# Goal of the exercise
The entries that follow need to be retyped verbatim.

# Study material
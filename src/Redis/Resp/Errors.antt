-- ===== src/Redis/Resp/Errors.antt =====
-- conn.go, `parseArray`: an error inside an array.
use pepperbus.Base.{
  ℕ, zero, suc, ◌*◌, ◌^◌, ◌<◌, ◌≡◌, refl, ap, ◌∙◌, ◌∷◌, ◌++◌, append_assoc, arith, ◌≤◌,
}
use pepperbus.Base.Text.{Text}
use pepperbus.Redis.Resp.{
  crlf, write_len, Value, Values, none_left, and_then, ReadError, common, Got, got, failed,
  read_values, dispatch, of_line, read_response,
}
use pepperbus.Redis.Resp.Encode.{read_line_lem, NoFeed}
use pepperbus.Redis.Resp.RoundTrip.{
  encode, encode_all, count, depth, depth_all, Fits, FitsAll, larger_lt, array_lem,
  read_response-encode,
}

-- An error as the server writes it.
abbrev pub error_reply : Text → Text
error_reply message = b'-' ∷ (message ++ crlf)

pub read_error :
    (fuel : ℕ) (message rest : Text)
    → NoFeed message
    → read_response (suc fuel) (error_reply message ++ rest) ≡ failed (common message) rest
unfolding read_response
read_error fuel message rest h =
    ap (λ w. read_response (suc fuel) (b'-' ∷ w)) (append_assoc message crlf rest)
    ∙ (ap (of_line (read_response fuel)) (read_line_lem b'-' message rest (cc, h))
        ∙ (unfold dispatch in refl))

fail_now :
    (read : Text → Got Value) (n : ℕ) (s rest : Text) (e : ReadError)
    → read s ≡ failed e rest
    → read_values read (suc n) s ≡ failed e rest
unfolding read_values
fail_now read n s rest e first = rw (first, read_values) refl

fail_later :
    (read : Text → Got Value) (n : ℕ) (s rest rest' : Text) (v : Value) (e : ReadError)
    → read s ≡ got v rest
    → read_values read n rest ≡ failed e rest'
    → read_values read (suc n) s ≡ failed e rest'
unfolding read_values
fail_later read n s rest rest' v e first others = rw (first, read_values) (rw others refl)

-- The values before the error are read, and then the error.
values_error :
    (f n : ℕ) (vs : Values) (message rest : Text)
    → count vs < n
    → depth_all vs < suc f
    → FitsAll vs
    → NoFeed message
    → read_values (read_response (suc f)) n (encode_all vs ++ (error_reply message ++ rest))
      ≡ failed (common message) rest
unfolding count encode depth Fits
values_error f zero vs message rest h d fits feedless = absurd (omega (arith, h))
values_error f (suc n) none_left message rest h d fits feedless =
    fail_now (read_response (suc f)) n (error_reply message ++ rest) rest (common message)
      (read_error f message rest feedless)
values_error f (suc n) (and_then v vs) message rest h d (fit, fits) feedless =
    let (hv, hvs) = larger_lt (depth v) (depth_all vs) (suc f) d in
    let tail = encode_all vs ++ (error_reply message ++ rest) in
    ap (read_values (read_response (suc f)) (suc n))
      (append_assoc (encode v) (encode_all vs) (error_reply message ++ rest))
    ∙ fail_later (read_response (suc f)) n (encode v ++ tail) tail rest v (common message)
        (read_response-encode (suc f) v tail hv fit)
        (values_error f n vs message rest (omega (arith, h)) hvs fits feedless)

-- An error reply among the elements of an array becomes the error of the whole reply, and whatever
-- stands behind it in the array is left unread: it is what the next command reads.
pub array_error_leaves :
    (f n : ℕ) (vs : Values) (message rest : Text)
    → count vs < n
    → n * 16 ≤ 2 ^ 48
    → depth_all vs < suc f
    → FitsAll vs
    → NoFeed message
    → read_response
        (suc (suc f))
        ((write_len b'*' n ++ (encode_all vs ++ error_reply message)) ++ rest)
      ≡ failed (common message) rest
array_error_leaves f n vs message rest h few d fits feedless =
    array_lem (suc f) n (encode_all vs ++ error_reply message) rest (failed (common message) rest)
      few
      (ap (read_values (read_response (suc f)) n)
          (append_assoc (encode_all vs) (error_reply message) rest)
        ∙ values_error f n vs message rest h d fits feedless)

# Exercise output
filename src/Redis/Resp/Errors.antt
-- ===== src/Redis/Resp/Errors.antt =====
-- conn.go, `parseArray`: an error inside an array.
use pepperbus.Base.{
  ℕ, zero, suc, ◌*◌, ◌^◌, ◌<◌, ◌≡◌, refl, ap, ◌∙◌, ◌∷◌, ◌++◌, append_assoc, arith, ◌≤◌,
}
use pepperbus.Base.Text.{Text}
use pepperbus.Redis.Resp.{
  crlf, write_len, Value, Values, none_left, and_then, ReadError, common, Got, got, failed,
  read_values, dispatch, of_line, read_response,
}
use pepperbus.Redis.Resp.Encode.{read_line_lem, NoFeed}
use pepperbus.Redis.Resp.RoundTrip.{
  encode, encode_all, count, depth, depth_all, Fits, FitsAll, larger_lt, array_lem,
  read_response-encode,
}

-- An error as the server writes it.
abbrev pub error_reply : Text → Text
error_reply message = b'-' ∷ (message ++ crlf)

pub read_error :
    (fuel : ℕ) (message rest : Text)
    → NoFeed message
    → read_response (suc fuel) (error_reply message ++ rest) ≡ failed (common message) rest
unfolding read_response
read_error fuel message rest h =
    ap (λ w. read_response (suc fuel) (b'-' ∷ w)) (append_assoc message crlf rest)
    ∙ (ap (of_line (read_response fuel)) (read_line_lem b'-' message rest (cc, h))
        ∙ (unfold dispatch in refl))

fail_now :
    (read : Text → Got Value) (n : ℕ) (s rest : Text) (e : ReadError)
    → read s ≡ failed e rest
    → read_values read (suc n) s ≡ failed e rest
unfolding read_values
fail_now read n s rest e first = rw (first, read_values) refl

fail_later :
    (read : Text → Got Value) (n : ℕ) (s rest rest' : Text) (v : Value) (e : ReadError)
    → read s ≡ got v rest
    → read_values read n rest ≡ failed e rest'
    → read_values read (suc n) s ≡ failed e rest'
unfolding read_values
fail_later read n s rest rest' v e first others = rw (first, read_values) (rw others refl)

-- The values before the error are read, and then the error.
values_error :
    (f n : ℕ) (vs : Values) (message rest : Text)
    → count vs < n
    → depth_all vs < suc f
    → FitsAll vs
    → NoFeed message
    → read_values (read_response (suc f)) n (encode_all vs ++ (error_reply message ++ rest))
      ≡ failed (common message) rest
unfolding count encode depth Fits
values_error f zero vs message rest h d fits feedless = absurd (omega (arith, h))
values_error f (suc n) none_left message rest h d fits feedless =
    fail_now (read_response (suc f)) n (error_reply message ++ rest) rest (common message)
      (read_error f message rest feedless)
values_error f (suc n) (and_then v vs) message rest h d (fit, fits) feedless =
    let (hv, hvs) = larger_lt (depth v) (depth_all vs) (suc f) d in
    let tail = encode_all vs ++ (error_reply message ++ rest) in
    ap (read_values (read_response (suc f)) (suc n))
      (append_assoc (encode v) (encode_all vs) (error_reply message ++ rest))
    ∙ fail_later (read_response (suc f)) n (encode v ++ tail) tail rest v (common message)
        (read_response-encode (suc f) v tail hv fit)
        (values_error f n vs message rest (omega (arith, h)) hvs fits feedless)

-- An error reply among the elements of an array becomes the error of the whole reply, and whatever
-- stands behind it in the array is left unread: it is what the next command reads.
pub array_error_leaves :
    (f n : ℕ) (vs : Values) (message rest : Text)
    → count vs < n
    → n * 16 ≤ 2 ^ 48
    → depth_all vs < suc f
    → FitsAll vs
    → NoFeed message
    → read_response
        (suc (suc f))
        ((write_len b'*' n ++ (encode_all vs ++ error_reply message)) ++ rest)
      ≡ failed (common message) rest
array_error_leaves f n vs message rest h few d fits feedless =
    array_lem (suc f) n (encode_all vs ++ error_reply message) rest (failed (common message) rest)
      few
      (ap (read_values (read_response (suc f)) n)
          (append_assoc (encode_all vs) (error_reply message) rest)
        ∙ values_error f n vs message rest h d fits feedless)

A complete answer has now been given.